NEW YORK (Reuters) - News Corp’s MySpace refused to comment on Thursday on a report the previous day that said the online social network will fire a “massive” number of employees.
The online social network is preparing to lay off as many as 500 of its 1,600 workers, the TechCrunch blog reported on Wednesday, as it cuts costs while trying to stay ahead of growing competition from rival Facebook.
MySpace is part of Fox Interactive Media, which houses some of News Corp’s online properties. News Corp last month ousted co-founder and Chief Executive Chris DeWolfe and has shaken up management elsewhere in its digital operations.
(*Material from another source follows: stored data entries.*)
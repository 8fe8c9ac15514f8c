-- ===== src/Cache/Refinement.antt =====
-- The cache against its specification: a map from keys to a value, its expiry and its birth.
use opx.Prelude.{
  suc, All, ℕ, ◌<◌, ◌≡◌, ◌∙◌, ◌≢◌, refl, sym, ap, Bool, true, false, Option, none, some, List, [],
  ◌∷◌, ◌++◌, arith, length, get_elem?, Option-cases, Bool-cases, inl, inr, any,
  get_elem?-append_left, get_elem?-append_length, if◌then◌else◌,
}
use opx.Prelude.Int.{ℤ, ltb_ℤ, ◌+ℤ◌, ◌≤ℤ◌}
use opx.Prelude.Bytes.{Bytes, ◌=ᵇ◌, =ᵇ_iff, =ᵇ_refl}
use opx.Dict.{
  Dict, lookup, insert, delete, keys, lookup-insert, lookup-delete, lookup_of_not_key,
  eq-nil_of_lookup,
}
use opx.SafeString.{SafeString, new_string, to_string}
use opx.SafeString.Zeroing.{IsWiped}
use opx.SafeString.Content.{to_string-new_string}
use opx.Cache.{
  Cache, Entry, Found, set_value, zero_at, zero_existing, evict, evict_if, evict_where,
  cleanup_expired, clear, read, found, get, peek, expired,
}
use opx.Cache.Ownership.{
  IsValid, length-zero_at, get_elem?-zero_at_ne, evict_where-IsValid, evict_if-IsValid,
}

-- What a key stands for.
unfoldable pub view : Cache → Bytes → Option Found
unfolding found
view c key = found c (lookup key c.entries)

-- An entry whose expiry lies before `now` is dropped.
abbrev pub fresh : ℤ → Option Found → Option Found
fresh now none = none
fresh now (some (v, exp, cached)) = if ltb_ℤ exp now then none else some (v, exp, cached)

-- `Get` finds what the key stands for, unless it has expired, for every cache.
pub get-view : (c : Cache) (key : Bytes) (now : ℤ) → get c key now ≡ fresh now (view c key)
unfolding get view read
get-view c key now = ground arith

-- Wiping one text leaves the others readable.
read-zero_at :
    (c : Cache) (d : Dict Entry) (a : ℕ) (f : Entry)
    → a ≢ f.v
    → read (record c { heap = zero_at c.heap a; entries = d }) f ≡ read c f
unfolding read
read-zero_at c d a f h = rw (get_elem?-zero_at_ne c.heap a f.v h)

drop_if : (Entry → Bool) → Option Entry → Option Entry
drop_if test none = none
drop_if test (some e) = if test e then none else some e

module _ (test : Entry → Bool) where
  found-evict :
      (c : Cache) (k j : Bytes) (e : Entry)
      → IsValid c
      → lookup k c.entries ≡ some e
      → test e ≡ true
      → found (evict c k e) (drop_if test (lookup j (evict c k e).entries))
        ≡ found c (drop_if test (lookup j c.entries))
  unfolding found evict drop_if
  found-evict c k j e h le t = elim (Option-cases (lookup j c.entries)) [
    | inl absent ↦ ground (arith, lookup-delete k j c.entries, absent)
    | inr (f, lf) ↦ ground (
      arith,
      lookup-delete k j c.entries,
      =ᵇ_iff k j,
      lf,
      h.unshared k j e f le lf,
      read-zero_at c (delete k c.entries) e.v f,
    )
  ]

  found-evict_if :
      (c : Cache) (k j : Bytes) (n : ℕ)
      → IsValid c
      → let c' = (evict_if test k (lookup k c.entries) (c, n)).0 in
        found c' (drop_if test (lookup j c'.entries)) ≡ found c (drop_if test (lookup j c.entries))
  unfolding evict_if
  found-evict_if c k j n h = elim (Option-cases (lookup k c.entries)) [
    | inl absent ↦ rw (absent, evict_if)
    | inr (e, le) ↦ elim (Bool-cases (test e)) [
      | inl t ↦ rw (le, evict_if, t) (found-evict c k j e h le t)
      | inr t ↦ rw (le, evict_if, t)
    ]
  ]

  lookup-evict_if :
      (c : Cache) (k j : Bytes) (n : ℕ)
      → lookup j (evict_if test k (lookup k c.entries) (c, n)).0.entries
        ≡ (if k =ᵇ j then drop_if test (lookup j c.entries) else lookup j c.entries)
  unfolding evict_if evict drop_if
  lookup-evict_if c k j n = elim (Option-cases (lookup k c.entries)) [
    | inl absent ↦ rw (absent, evict_if) (ground (arith, =ᵇ_iff k j))
    | inr (e, le) ↦ elim (Bool-cases (test e)) [
      | inl t ↦ rw (le, evict_if, t) (ground (arith, lookup-delete k j c.entries, =ᵇ_iff k j))
      | inr t ↦ rw (le, evict_if, t) (ground (arith, =ᵇ_iff k j))
    ]
  ]

  found-evict_where :
      (ks : List Bytes) (r : Cache × ℕ) (j : Bytes)
      → IsValid r.0
      → let c' = (evict_where test ks r).0 in
        found c' (drop_if test (lookup j c'.entries))
        ≡ found r.0 (drop_if test (lookup j r.0.entries))
  unfolding evict_where
  found-evict_where [] r j h = refl
  found-evict_where (k ∷ ks) (c, n) j h =
      found-evict_where ks _ j (evict_if-IsValid test k c n h) ∙ found-evict_if c k j n h

  drop_if_idem : (o : Option Entry) → drop_if test (drop_if test o) ≡ drop_if test o
  unfolding drop_if
  drop_if_idem none = refl
  drop_if_idem (some e) = ground arith

  lookup-evict_where :
      (ks : List Bytes) (r : Cache × ℕ) (j : Bytes)
      → lookup j (evict_where test ks r).0.entries ≡ (
          if any (λ k. k =ᵇ j) ks
          then drop_if test (lookup j r.0.entries)
          else lookup j r.0.entries)
  unfolding evict_where
  lookup-evict_where [] r j = refl
  lookup-evict_where (k ∷ ks) (c, n) j = ground (
    arith,
    lookup-evict_where ks (evict_if test k (lookup k c.entries) (c, n)) j,
    lookup-evict_if c k j n,
    drop_if_idem (lookup j c.entries),
  )

  -- A loop over all the keys drops what the test says, and leaves all else as it was.
  lookup-evict_all :
      (c : Cache) (n : ℕ) (j : Bytes)
      → lookup j (evict_where test (keys c.entries) (c, n)).0.entries
        ≡ drop_if test (lookup j c.entries)
  unfolding drop_if
  lookup-evict_all c n j =
      ground (arith, lookup-evict_where (keys c.entries) (c, n) j, lookup_of_not_key j c.entries)

  view-evict_all :
      (c : Cache) (n : ℕ) (j : Bytes)
      → IsValid c
      → view (evict_where test (keys c.entries) (c, n)).0 j
        ≡ found c (drop_if test (lookup j c.entries))
  unfolding view
  view-evict_all c n j h =
      let e = lookup-evict_all c n j in
      ap (found (evict_where test (keys c.entries) (c, n)).0)
        (e ∙ sym (drop_if_idem _) ∙ ap (drop_if test) (sym e))
      ∙ found-evict_where (keys c.entries) (c, n) j h

-- On a valid cache `CleanupExpired` drops the expired entries, and every other key stands for what it stood for.
pub view-cleanup_expired :
    (c : Cache) (now : ℤ) (j : Bytes)
    → IsValid c
    → view (cleanup_expired c now).0 j ≡ fresh now (view c j)
unfolding cleanup_expired view drop_if read expired
view-cleanup_expired c now j h = view-evict_all (expired now) c 0 j h ∙ ground arith

cleared :
    (c : Cache)
    → IsValid c
    → ((clear c).0.entries ≡ [])
      × ((a : ℕ) (s : SafeString) → get_elem? (clear c).0.heap a ≡ some s → IsWiped s)
      × ((clear c).1 ≡ length c.entries)
unfolding clear drop_if
cleared c h =
    (eq-nil_of_lookup _ none_left, (λ a s e. v.wiped a s e (λ k f lf. cc (none_left k))), refl)
  where
    v : IsValid (clear c).0
    v = evict_where-IsValid (λ e. true) (keys c.entries) (c, 0) h

    none_left : (k : Bytes) → lookup k (clear c).0.entries ≡ none
    none_left k = lookup-evict_all (λ e. true) c 0 k ∙ all_dropped (lookup k c.entries)
      where
        all_dropped : (o : Option Entry) → drop_if (λ e. true) o ≡ none
        all_dropped none = refl
        all_dropped (some e) = refl

All-IsWiped :
    (heap : List SafeString)
    → ((a : ℕ) (s : SafeString) → get_elem? heap a ≡ some s → IsWiped s)
    → All IsWiped heap
All-IsWiped [] h = tt
All-IsWiped (s ∷ heap) h = (h 0 s refl, All-IsWiped heap (λ a t e. h (suc a) t e))

-- On a valid cache `Clear` leaves an empty map, wipes every text that the cache has ever made, and returns the
-- number of the entries that there were.
pub clear_lem :
    (c : Cache)
    → IsValid c
    → ((clear c).0.entries ≡ []) × All IsWiped (clear c).0.heap × ((clear c).1 ≡ length c.entries)
clear_lem c h =
    let (gone, wiped, count) = cleared c h in (gone, All-IsWiped (clear c).0.heap wiped, count)

-- A new text does not change what the old addresses hold.
read-push :
    (c : Cache) (heap : List SafeString) (s : SafeString) (d : Dict Entry) (f : Entry)
    → get_elem? heap f.v ≡ get_elem? c.heap f.v
    → f.v < length heap
    → read (record c { heap = heap ++ s ∷ []; entries = d }) f ≡ read c f
unfolding read
read-push c heap s d f e h = rw (get_elem?-append_left heap (s ∷ []) f.v h, e)

read_new :
    (c : Cache) (heap : List SafeString) (val : Bytes) (d : Dict Entry) (exp cached : ℤ)
    → read
        (record c { heap = heap ++ new_string val ∷ []; entries = d })
        (record { v = length heap; exp = exp; cached = cached })
      ≡ (val, exp, cached)
unfolding read
read_new c heap val d exp cached =
    rw (get_elem?-append_length heap (new_string val), to_string-new_string val)

view_push :
    (c : Cache) (heap : List SafeString) (key val : Bytes) (exp cached : ℤ) (j : Bytes)
    → ((f : Entry) → (key =ᵇ j) ≡ false → lookup j c.entries ≡ some f → f.v < length heap)
    → ((f : Entry)
        → (key =ᵇ j) ≡ false
        → lookup j c.entries ≡ some f
        → get_elem? heap f.v ≡ get_elem? c.heap f.v)
    → let e : Entry = record { v = length heap; exp = exp; cached = cached } in
      view (record c { heap = heap ++ new_string val ∷ []; entries = insert key e c.entries }) j
      ≡ (if key =ᵇ j then some (val, exp, cached) else view c j)
unfolding view
view_push c heap key val exp cached j within same = elim (Bool-cases (key =ᵇ j)) [
  | inl t ↦ rw (lookup-insert key j e c.entries, t) (ap some (read_new c heap val d exp cached))
  | inr t ↦ elim (Option-cases (lookup j c.entries)) [
    | inl absent ↦ rw (lookup-insert key j e c.entries, t, absent) refl
    | inr (f, lf) ↦
        rw (lookup-insert key j e c.entries, t, lf)
          (ap some (read-push c heap (new_string val) d f (same f t lf) (within f t lf)))
  ]
]
  where
    e : Entry
    e = record { v = length heap; exp = exp; cached = cached }

    d : Dict Entry
    d = insert key e c.entries

-- After `Set` on a valid cache the key stands for the new value, which expires `ttl` from now, and every other key
-- for what it stood for.
pub view-set_value :
    (c : Cache) (key val : Bytes) (now now' : ℤ) (j : Bytes)
    → IsValid c
    → view (set_value c key val now now') j
      ≡ (if key =ᵇ j then some (val, now +ℤ c.ttl, now') else view c j)
unfolding set_value
view-set_value c key val now now' j h = elim (Option-cases (lookup key c.entries)) [
  | inl absent ↦
      rw (absent, zero_existing)
        (view_push c c.heap key val _ _ j (λ f t lf. h.owned j f lf) (λ f t lf. refl))
  | inr (e, le) ↦
      rw (le, zero_existing)
        (view_push c (zero_at c.heap e.v) key val _ _ j
          (λ f t lf. rw (length-zero_at c.heap e.v) (h.owned j f lf))
          (λ f t lf.
            get_elem?-zero_at_ne c.heap e.v f.v
              (λ eq. ground (arith, h.unshared key j e f le lf eq, =ᵇ_iff key j))))
]

within_ttl : (now later ttl : ℤ) → later ≤ℤ now +ℤ ttl → ltb_ℤ (now +ℤ ttl) later ≡ false
within_ttl now later ttl h = ground arith

-- A value that was set in a valid cache is found until its time to live is over, whatever was set before.
pub get-set_value :
    (c : Cache) (key val : Bytes) (now now' later : ℤ)
    → IsValid c
    → later ≤ℤ now +ℤ c.ttl
    → get (set_value c key val now now') key later ≡ some (val, now +ℤ c.ttl, now')
get-set_value c key val now now' later h within = rw (
  get-view,
  view-set_value c key val now now' key h,
  =ᵇ_refl key,
  within_ttl now later c.ttl within,
)

read_wiped :
    (c : Cache) (e : Entry)
    → ((a : ℕ) (s : SafeString) → get_elem? c.heap a ≡ some s → IsWiped s)
    → read c e ≡ ([], e.exp, e.cached)
unfolding read to_string
read_wiped c e wiped = elim (Option-cases (get_elem? c.heap e.v)) [
  | inl absent ↦ rw absent
  | inr (s, q) ↦ rw (q, (wiped e.v s q).0)
]

peek_of_get :
    (c : Cache) (key : Bytes) (now : ℤ) (r : Found)
    → get c key now ≡ some r
    → (e : Entry) × (peek c key now ≡ some e) × (read c e ≡ r)
unfolding get
peek_of_get c key now r h = elim (Option-cases (peek c key now)) [
  | inl absent ↦ ground (arith, absent)
  | inr (e, q) ↦ (e, q, ground (arith, q))
]

get_empty : (c : Cache) (key : Bytes) (now : ℤ) → c.entries ≡ [] → get c key now ≡ none
unfolding get peek lookup
get_empty c key now h = rw h

-- `Get` gives the lock back before it reads the text. Where on a valid cache `Get` would return a text that is not
-- empty, and `Clear` runs between its two parts, `Get` reports a hit with the empty text, which is
-- what `Get` returns neither before nor after that `Clear`.
pub read_during_clear :
    (c : Cache) (key val : Bytes) (now exp cached : ℤ)
    → IsValid c
    → val ≢ []
    → get c key now ≡ some (val, exp, cached)
    → (e : Entry) × (peek c key now ≡ some e)
      × (read (clear c).0 e ≡ ([], exp, cached))
      × (some (read (clear c).0 e) ≢ get c key now)
      × (some (read (clear c).0 e) ≢ get (clear c).0 key now)
unfolding read
read_during_clear c key val now exp cached h ne g =
    let (e, p, r) = peek_of_get c key now (val, exp, cached) g in
    let (gone, wiped, _) = cleared c h in
    let raced : read (clear c).0 e ≡ ([], exp, cached) =
      ground (arith, read_wiped (clear c).0 e wiped, r) in
    (
      e,
      p,
      raced,
      (λ q. ne (ground (arith, q, g, raced))),
      (λ q. ground (arith, q, get_empty (clear c).0 key now gone)),
    )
“Like any company with new leadership, Fox Interactive Media is reviewing every aspect of our operations, performance and structure,” a MySpace spokeswoman said in a statement.
“It’s no secret that we are looking for ways to improve our products, increase the value of our digital assets and enhance the overall financial strength of the company,” the statement said.
The TechCrunch report comes after the Los Angeles Times reported on June 6 that Fox Interactive Media canceled a plan to move to a 420,000 square-foot office space in Playa Vista, California.
The company had committed to a 12-year, roughly $350 million lease, the Times reported, adding that it was backing off the move because of its financial difficulties.
MySpace’s statement to the Los Angeles Times about the Playa Vista building was the same statement that it sent to Reuters regarding the layoffs.
News Corp’s $580 million purchase of MySpace’s parent company in 2005 was considered among analysts and media experts as a brilliant move by Murdoch to enhance the media conglomerate’s digital portfolio.
Since then, advertising revenue has deteriorated and Facebook and Twitter have surpassed MySpace in buzz and popularity in the technology and media worlds.
A search and advertising deal with Google Inc will expire in July 2010, and it is unclear whether the two sides will renew. MySpace derives $300 million a year from that deal, and most Wall Street analysts believe there is no chance that Google will forge a deal on similar terms.
News Corp shares rose 11 cents, or 1.05 percent, to $10.62 on Nasdaq at mid-afternoon.